The battle honors on the Korps Mariniers' colors are: Chatham (1667), Kijkduin (1673), Sennefe (1674), Spain, Dogger Bank (1781), West Indies, Algiers (1816), Atjeh, Bali, Rotterdam (1940), Java Sea (1942), Java and Madoera (1947-1948), and New Guinea (1962).

 

In 1667, led by van Ghent, now an admiral, and their new commander, the Englishman Colonel Thomas Dolman, the Regiment de Marine played a prominent part in the large Dutch raid, the "Raid on the Medway" on England (10-14 June). The Korps' battle honor "Chatham" is one of the few ever won on British soil by a foreign unit. The July 2nd attack on Landguard fort near Harwich, performed by 1.500 Mariniers after landing at Woodrich was beaten off by the fort's garrison.

 

The Mariniers also fought in the Franco-Dutch War/Third Anglo-Dutch War. On June 29 1672, after serving in the naval Battle of Solebay (7 June), two-thirds of the Marines were withdrawn from the fleet and formed into a brigade in order to stiffen the inefficient and largely mercenary army in anticipation of an English invasion. They returned to their ships in time to help stop an English invasion by defeating a combined English and French force at the naval Battle of Kijkduin (Battle of Texel) on 21 August 1673. Led by Gerolf van Isselmuyden, they served in the land battle of Senef against the French in 1674.

 

Dutch support of American independence led to the Fourth Anglo-Dutch War, where the Mariniers served at Dogger Bank.

 

In 1704, Netherlands Marines were part of a combined British-Netherlands force under Prince George of Hesse-Darmstadt that captured Gibraltar and defended it successfully shortly afterwards.
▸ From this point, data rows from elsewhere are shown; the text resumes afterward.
-- ===== src/Identity/Tokens/Acceptance.antt =====
-- What an accepted token says: under the shared secret, and for a session just opened.
use pda_backend.Common.{
  ℕ, ◌+◌, ◌≤◌, ◌<◌, String, ◌≡◌, refl, ◌≢◌, some, List, [], ◌∷◌, true, false, arith, eq_refl,
  eq_iff, inl, inr, Option-cases,
}
use pda_backend.Common.Rows.{first_where, first_where-appended}
use pda_backend.Identity.Ports.{Operator, got}
use pda_backend.Identity.Operators.{same_codes_eq}
use pda_backend.Identity.Sessions.{
  TokenClaims, Manager, Fresh, Database, Created, create, create_rows, authenticate, access_claims,
  is_live, insert_session, new_session, is_session, unix,
}
use pda_backend.Identity.Tokens.{
  Packages, Signer, split_dots, dotted, at_second, sign, parse, parse_three, parse_parts,
  parse_payload, check_claims, is_signed, is_rsa, header,
}
use pda_backend.Identity.Tokens.Verdicts.{AreSound, AreReadBack, parse-sign}

pub second-floor : (t : ℕ) → at_second (unix t) ≤ t
second-floor t = omega arith

module _ {PrivateKey PublicKey : Type 0} (packages : Packages PrivateKey PublicKey)
    (m : Signer PrivateKey PublicKey) where
  check_claims-got :
      (d c : TokenClaims) (now : ℕ)
      → check_claims packages m d now ≡ got c
      → (c.issuer ≡ m.issuer)
        × (c.audience ≡ m.audience)
        × (at_second c.not_before ≤ now)
        × (now < at_second c.expires_at)
  unfolding check_claims
  check_claims-got d c now k =
      ground (arith, eq_iff d.issuer m.issuer, eq_iff d.audience m.audience)

  parse_payload-got :
      (payload : String) (c : TokenClaims) (now : ℕ)
      → parse_payload packages m payload now ≡ got c
      → (c.issuer ≡ m.issuer)
        × (c.audience ≡ m.audience)
        × (at_second c.not_before ≤ now)
        × (now < at_second c.expires_at)
  unfolding parse_payload
  parse_payload-got payload c now k = elim (Option-cases (packages.decode_64 payload)) [
    | inl bad ↦ ground arith
    | inr (bytes, decoded) ↦ elim (Option-cases (packages.read_claims bytes)) [
      | inl bad ↦ ground arith
      | inr (d, read) ↦ check_claims-got d c now (ground arith)
    ]
  ]

  parse_parts-got :
      (first second third : String) (c : TokenClaims) (now : ℕ)
      → is_rsa packages m ≡ false
      → parse_parts packages m first second third now ≡ got c
      → (packages.decode_64 third ≡ some (packages.hmac m.secret (dotted first second)))
        × (parse_payload packages m second now ≡ got c)
  unfolding parse_parts is_signed
  parse_parts-got first second third c now shared k =
      elim (Option-cases (packages.decode_64 first)) [
        | inl bad ↦ ground arith
        | inr (bytes, decoded) ↦ elim (Option-cases (packages.read_header bytes)) [
          | inl bad ↦ ground arith
          | inr (h, read) ↦ elim (Option-cases (packages.decode_64 third)) [
            | inl bad ↦ ground arith
            | inr (signature, decoded') ↦
                ground
                  (arith, same_codes_eq (packages.hmac m.secret (dotted first second)) signature)
          ]
        ]
      ]

  parse_three-got :
      (parts : List String) (c : TokenClaims) (now : ℕ)
      → parse_three packages m parts now ≡ got c
      → (first : String) × (second : String) × (third : String) × (parts
          ≡ first ∷ second ∷ third ∷ [])
        × (parse_parts packages m first second third now ≡ got c)
  unfolding parse_three
  parse_three-got [] c now k = ground arith
  parse_three-got (a ∷ []) c now k = ground arith
  parse_three-got (a ∷ b ∷ []) c now k = ground arith
  parse_three-got (a ∷ b ∷ d ∷ []) c now k = (a, b, d, refl, k)
  parse_three-got (a ∷ b ∷ d ∷ e ∷ parts) c now k = ground arith

  -- Under the shared secret an accepted token has three parts, of which the last is the HMAC of the
  -- two others; its claims have the issuer and the audience of the manager, and the time lies
  -- between theirs.
  pub hmac_tokens_are_signed :
      (raw : String) (c : TokenClaims) (now : ℕ)
      → is_rsa packages m ≡ false
      → parse packages m raw now ≡ got c
      → (first : String) × (second : String) × (third : String) × (split_dots raw
          ≡ first ∷ second ∷ third ∷ [])
        × (packages.decode_64 third ≡ some (packages.hmac m.secret (dotted first second)))
        × (c.issuer ≡ m.issuer)
        × (c.audience ≡ m.audience)
        × (at_second c.not_before ≤ now)
        × (now < at_second c.expires_at)
  unfolding parse
  hmac_tokens_are_signed raw c now shared k =
      let (first, second, third, parts, rest) = parse_three-got (split_dots raw) c now k in
      let (signed, payload) = parse_parts-got first second third c now shared rest in
      let (issuer, audience, begun, unexpired) = parse_payload-got second c now payload in
      (first, second, third, parts, signed, issuer, audience, begun, unexpired)

module _ {PrivateKey PublicKey : Type 0} (packages : Packages PrivateKey PublicKey)
    (s : Signer PrivateKey PublicKey) (public_of : PrivateKey → PublicKey)
    (sound : AreSound packages public_of)
    (published : s.public_keys s.key_id ≡ some (public_of s.private_key)) (m : Manager)
    (same_issuer : m.issuer ≡ s.issuer) (same_audience : m.audience ≡ s.audience)
    (token_hash : String → ℕ) where
  -- The session that Create inserts is the one that its access token finds.
  created-live :
      (fresh : Fresh) (operator : Operator) (device warehouse : String) (now now' : ℕ)
      (db db' : Database) (r : Created)
      → create m
          (sign packages s)
          (parse packages s)
          token_hash
          fresh
          operator
          device
          warehouse
          now
          db
        ≡ (got r, db')
      → now' < now + m.refresh_ttl
      → (is_live (first_where (is_session fresh.session_id) db'.sessions) now' ≡ true)
        × (sign packages s
              (access_claims m fresh.token_id fresh.session_id operator.id device warehouse now)
            ≡ some r.access)
  unfolding create create_rows insert_session is_live
  created-live fresh operator device warehouse now now' db db' r k early = ground (
    arith,
    eq_refl fresh.session_id,
    first_where-appended (is_session fresh.session_id) db.sessions
        (new_session fresh operator device warehouse (now + m.refresh_ttl)),
  )

  -- An access token that Create returns authenticates, in the database that it leaves, as the
  -- operator, device and warehouse of the session, from then on until the token or the session
  -- expires; where base64 and JSON read back what they write and the published key is that of the
  -- private key.
  pub authenticate-create :
      (fresh : Fresh) (operator : Operator) (device warehouse : String) (now now' : ℕ)
      (db db' : Database) (r : Created)
      → AreReadBack packages
          (header packages s)
          (access_claims m fresh.token_id fresh.session_id operator.id device warehouse now)
      → create m
          (sign packages s)
          (parse packages s)
          token_hash
          fresh
          operator
          device
          warehouse
          now
          db
        ≡ (got r, db')
      → operator.id ≢ ""
      → fresh.session_id ≢ ""
      → now ≤ now'
      → now' < at_second (unix (now + m.access_ttl))
      → now' < now + m.refresh_ttl
      → authenticate m (sign packages s) (parse packages s) token_hash r.access now' db'
        ≡ got (record {
          operator_id = operator.id;
          token_id = fresh.token_id;
          session_id = fresh.session_id;
          device_id = device;
          warehouse_id = warehouse;
          expires_at = unix (now + m.access_ttl);
        })
  unfolding authenticate
  authenticate-create fresh operator device warehouse now now' db db' r json k someone session later
        unexpired early =
      let (live, made) = created-live fresh operator device warehouse now now' db db' r k early in
      let claims =
        access_claims m fresh.token_id fresh.session_id operator.id device warehouse now in
      let floor = second-floor now in
      ground (
        arith,
        parse-sign packages s public_of sound published claims r.access now' json made same_issuer
            same_audience someone session (omega arith) unexpired,
      )
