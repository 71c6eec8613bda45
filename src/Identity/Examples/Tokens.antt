-- ===== src/Identity/Examples/Tokens.antt =====
-- Logins, and tokens under concrete packages.
use Prim.Native.Char.{code}
use pda_backend.Common.{
  ℕ, zero, suc, ◌≤◌, ◌<◌, String, ◌≡◌, refl, Option, none, some, List, [], ◌∷◌, Bool, true, false,
  ◌==◌, eqb, arith, eq_iff, ap, ◌∙◌, if◌then◌else◌,
}
use Prim.Native.String.{count}
use pda_backend.Common.Rows.{first_where}
use pda_backend.Common.Text.{trim_space, to_lower}
use pda_backend.Platform.Errors.{Error}
use pda_backend.Platform.Results.{err}
use pda_backend.Identity.Ports.{got, is_among}
use pda_backend.Identity.Operators.{
  scan_grants, has_username, same_codes, same_codes_refl, is_registered,
}
use pda_backend.Identity.Sessions.{
  TokenClaims, Database, Created, create, create_rows, authenticate, insert_token, insert_session,
}
use pda_backend.Identity.Examples.{
  manager, account, database, operator, fresh, signed, parsed, hash,
}
use pda_backend.Identity.Service.Lockout.{
  Attempt, attempt, attempts, all_wrong, lockout_is_permanent,
}
use pda_backend.Identity.Tokens.{
  Packages, Signer, Bytes, TokenHeader, sign, parse, parse_three, parse_parts, parse_payload,
  is_signed, check_claims, split_dots, dotted, header,
}
use pda_backend.Identity.Tokens.Verdicts.{AreSound, AreReadBack, has_dot, parse-sign}
use pda_backend.Identity.Tokens.Acceptance.{hmac_tokens_are_signed, authenticate-create}

-- The password is its own hash.
abbrev verify : String → String → Bool
verify h password = h == password

abbrev typed : String → ℕ → Attempt
typed password now = record {
  fresh = fresh "R-1" "a";
  password = password;
  device_id = "D-1";
  warehouse_id = "WH-1";
  correlation_id = "C-1";
  now = now;
}

abbrev wrong_five : List Attempt
wrong_five = typed "a" 1 ∷ typed "b" 2 ∷ typed "c" 3 ∷ typed "d" 4 ∷ typed "e" 5 ∷ []

finds_account : first_where (has_username "Ann") database.accounts.operators ≡ some account
unfolding has_username same_codes to_lower trim_space first_where
finds_account = refl

trimmed : trim_space "ann" ≡ "ann"
unfolding trim_space
trimmed = refl

readable : scan_grants account.grants ≡ some ("PICKER" ∷ [], "task.read" ∷ [])
unfolding scan_grants
readable = refl

wrong : all_wrong verify "h" wrong_five ≡ true
unfolding all_wrong
wrong = refl

lockout_is_permanent_example :
    (attempt verify manager signed parsed hash "Ann" (typed "h" 99_000_000_000_000) (
      attempts verify manager signed parsed hash "Ann" []
        (attempts verify manager signed parsed hash "Ann" wrong_five database))).0
    ≡ err Error.auth_account_locked
lockout_is_permanent_example =
    lockout_is_permanent verify manager signed parsed hash "Ann" wrong_five []
      (typed "h" 99_000_000_000_000) database account ("PICKER" ∷ [], "task.read" ∷ [])
      finds_account refl refl trimmed readable (omega arith) (omega arith) wrong

-- Base64 in place of which a byte n is "a" n times and then "b".
unary : ℕ → String → String
unary zero s = String.◌∷◌ "b" s
unary (suc n) s = String.◌∷◌ "a" (unary n s)

write : Bytes → String
unfolding unary
write [] = ""
write (n ∷ ns) = unary n (write ns)

abbrev bump : Option Bytes → Option Bytes
bump none = none
bump (some []) = none
bump (some (n ∷ ns)) = some (suc n ∷ ns)

abbrev begin : Option Bytes → Option Bytes
begin none = none
begin (some ns) = some (0 ∷ ns)

read : String → Option Bytes
read String.[] = some []
read (String.◌∷◌ c s) = if eqb (code c) b'b' then begin (read s) else bump (read s)

read-unary : (n : ℕ) (ns : Bytes) (s : String) → read s ≡ some ns → read (unary n s) ≡ some (n ∷ ns)
unfolding read unary
read-unary zero ns s h = ap begin h
read-unary (suc n) ns s h = ap bump (read-unary n ns s h)

read-write : (b : Bytes) → read (write b) ≡ some b
unfolding read write
read-write [] = refl
read-write (n ∷ ns) = read-unary n ns (write ns) (read-write ns)

has_dot-unary : (n : ℕ) (s : String) → has_dot (unary n s) ≡ has_dot s
unfolding unary
has_dot-unary zero s = refl
has_dot-unary (suc n) s = has_dot-unary n s

has_dot-write : (b : Bytes) → has_dot (write b) ≡ false
unfolding write
has_dot-write [] = refl
has_dot-write (n ∷ ns) = has_dot-unary n (write ns) ∙ has_dot-write ns

codes : String → Bytes
codes String.[] = []
codes (String.◌∷◌ c s) = code c ∷ codes s

abbrev hs256 : TokenHeader
hs256 = record { alg = "HS256"; key_id = "k-1" }

abbrev issued : TokenClaims
issued = record {
  issuer = "pda";
  audience = "pda-api";
  subject = "OP-1";
  token_id = "R-1";
  session_id = "S-1";
  operator_id = "OP-1";
  device_id = "D-1";
  warehouse_id = "WH-1";
  issued_at = 5;
  not_before = 5;
  expires_at = 905;
}

abbrev packages : Packages ℕ ℕ
packages = record {
  encode_64 = write;
  decode_64 = read;
  write_header = λ h. 1 ∷ [];
  read_header = λ b. if same_codes b (1 ∷ []) then some hs256 else none;
  write_claims = λ c. some (2 ∷ []);
  read_claims = λ b. if same_codes b (2 ∷ []) then some issued else none;
  hmac = λ secret text. count text ∷ secret;
  sign_rsa = λ key text. some (key ∷ codes text);
  verify_rsa = λ key text s. same_codes (key ∷ codes text) s;
}

sound : AreSound packages (λ key. key)
sound = record {
  decode-encode = read-write;
  alphabet = has_dot-write;
  verify-sign = λ key text s h. ground (arith, same_codes_refl (key ∷ codes text));
}

abbrev signer : Signer ℕ ℕ
signer = record {
  issuer = "pda";
  audience = "pda-api";
  signing_mode = "HS256";
  key_id = "k-1";
  secret = 7 ∷ [];
  private_key = 11;
  public_keys = λ id. some 11;
}

json : AreReadBack packages (header packages signer) issued
unfolding same_codes
json = record { read-write_header = refl; read-write_claims = λ b h. ground arith }

abbrev token : String
token = "ab.aab.aaaaaabaaaaaaab"

signs : sign packages signer issued ≡ some token
unfolding sign write unary
signs = refl

parse-sign_example : parse packages signer token 6_000_000_000 ≡ got issued
parse-sign_example =
    parse-sign packages signer (λ key. key) sound refl issued token 6_000_000_000 json signs refl
      refl (λ h. ground (arith, (eq_iff "OP-1" "").1 h))
      (λ h. ground (arith, (eq_iff "S-1" "").1 h)) (omega arith) (omega arith)

parses : parse packages signer token 6_000_000_000 ≡ got issued
unfolding parse parse_three parse_parts parse_payload is_signed check_claims split_dots read
    same_codes
parses = refl

hmac_tokens_are_signed_example :
    (first : String) × (second : String) × (third : String) × (split_dots token
      ≡ first ∷ second ∷ third ∷ [])
    × (packages.decode_64 third ≡ some (packages.hmac signer.secret (dotted first second)))
    × (issued.issuer ≡ signer.issuer)
    × (issued.audience ≡ signer.audience)
    × (5_000_000_000 ≤ 6_000_000_000)
    × (6_000_000_000 < 905_000_000_000)
hmac_tokens_are_signed_example =
    hmac_tokens_are_signed packages signer token issued 6_000_000_000 refl parses

abbrev opened : Database
opened =
    (create manager (sign packages signer) (parse packages signer) hash (fresh "R-1" "a") operator
      "D-1" "WH-1" 5_500_000_000 database).1

abbrev made : Created
made = record {
  access = token;
  refresh = "a";
  expires = 905_500_000_000;
  refresh_expires = 2_592_005_500_000_000;
}

opens :
    create manager
      (sign packages signer)
      (parse packages signer)
      hash
      (fresh "R-1" "a")
      operator
      "D-1"
      "WH-1"
      5_500_000_000
      database
    ≡ (got made, opened)
unfolding create create_rows insert_session insert_token is_registered is_among first_where sign
    write unary
opens = refl

authenticate-create_example :
    authenticate manager
      (sign packages signer)
      (parse packages signer)
      hash
      token
      600_000_000_000
      opened
    ≡ got (record {
      operator_id = "OP-1";
      token_id = "R-1";
      session_id = "S-1";
      device_id = "D-1";
      warehouse_id = "WH-1";
      expires_at = 905;
    })
authenticate-create_example =
    authenticate-create packages signer (λ key. key) sound refl manager refl refl hash
      (fresh "R-1" "a") operator "D-1" "WH-1" 5_500_000_000 600_000_000_000 database opened made
      json opens (λ h. ground (arith, (eq_iff "OP-1" "").1 h))
      (λ h. ground (arith, (eq_iff "S-1" "").1 h)) (omega arith) (omega arith) (omega arith)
They would combine with the British again for the bombardment of Algiers in 1816.

 

The Korps Mariniers served in some of the operations of the Netherlands in the Dutch East Indies colony. The Netherlands took a slow approach to conquering the entire colony and operations consolidating their rule lasted from the 1850s until shortly before World War I. The battle honors from the Aceh War (1873-1913) and Bali date from this time.

 

In World War II, a Korps Mariniers unit in Rotterdam preparing to ship out to the Dutch East Indies successfully defended the bridges across the Maas, preventing the German paratroopers in the central city from hooking up with conventional German infantry. The Germans ended the stalemate by bombing Rotterdam. The threat of an attack by Marines caused its German captain to scuttle the Antilla in Aruba in 1940.

 

When the surrender was declared and the Dutch soldiers came out of their positions, the German commander who was expecting a full battalion of men was stunned to see only a few Dutch Marines emerge in their black uniforms. He ordered his men to salute them out of respect for their bravery and determination and labelled them Zwarte duivels (The Black Devils).

 

Some Mariniers later joined the Princess Irene Brigade to fight against the Germans. They distinguished themselves in combat near the Dutch city of Tilburg in the autumn of 1944.

 

Starting in 1943, the United States Marine Corps trained and equipped a new brigade, the Mariniersbrigade, of the Korps Mariniers at Camp Lejeune and Camp Davis in North Carolina in preparation for amphibious landings against the Japanese in the Dutch East Indies. The Japanese surrendered before such landings were needed, but the Mariniersbrigade, fully trained and equipped, left North Carolina in six transports in 1945 and fought against the Indonesians in their National Revolution for independence. It was part of the A Division, which was itself commanded by a Korps Mariniers officer. It was disbanded in 1949.

 

The Dutch kept West New Guinea after the Indonesian National Revolution and the Korps Mariniers served there until 1962 when it was granted independence. The same year it was invaded and incorporated into Indonesia.

 

 

[edit] Modern Korps Mariniers

On 11 June 1977, Dutch Army and Marines stormed a train that was being held hostage since 23 May by armed South Moluccan extremists in the village of De Punt, in the province of Drenthe. Six Dutch Air Force F-104 Starfighters buzzed the train as a diversion just before the assault. Six terrorists and two hostages were killed in the storming. The Marines have become one of the Dutch government's primary counter-terrorism forces. (See "Combat Support Battalion" below.)

 

Lately the Marines have been deployed in various operations all over the world.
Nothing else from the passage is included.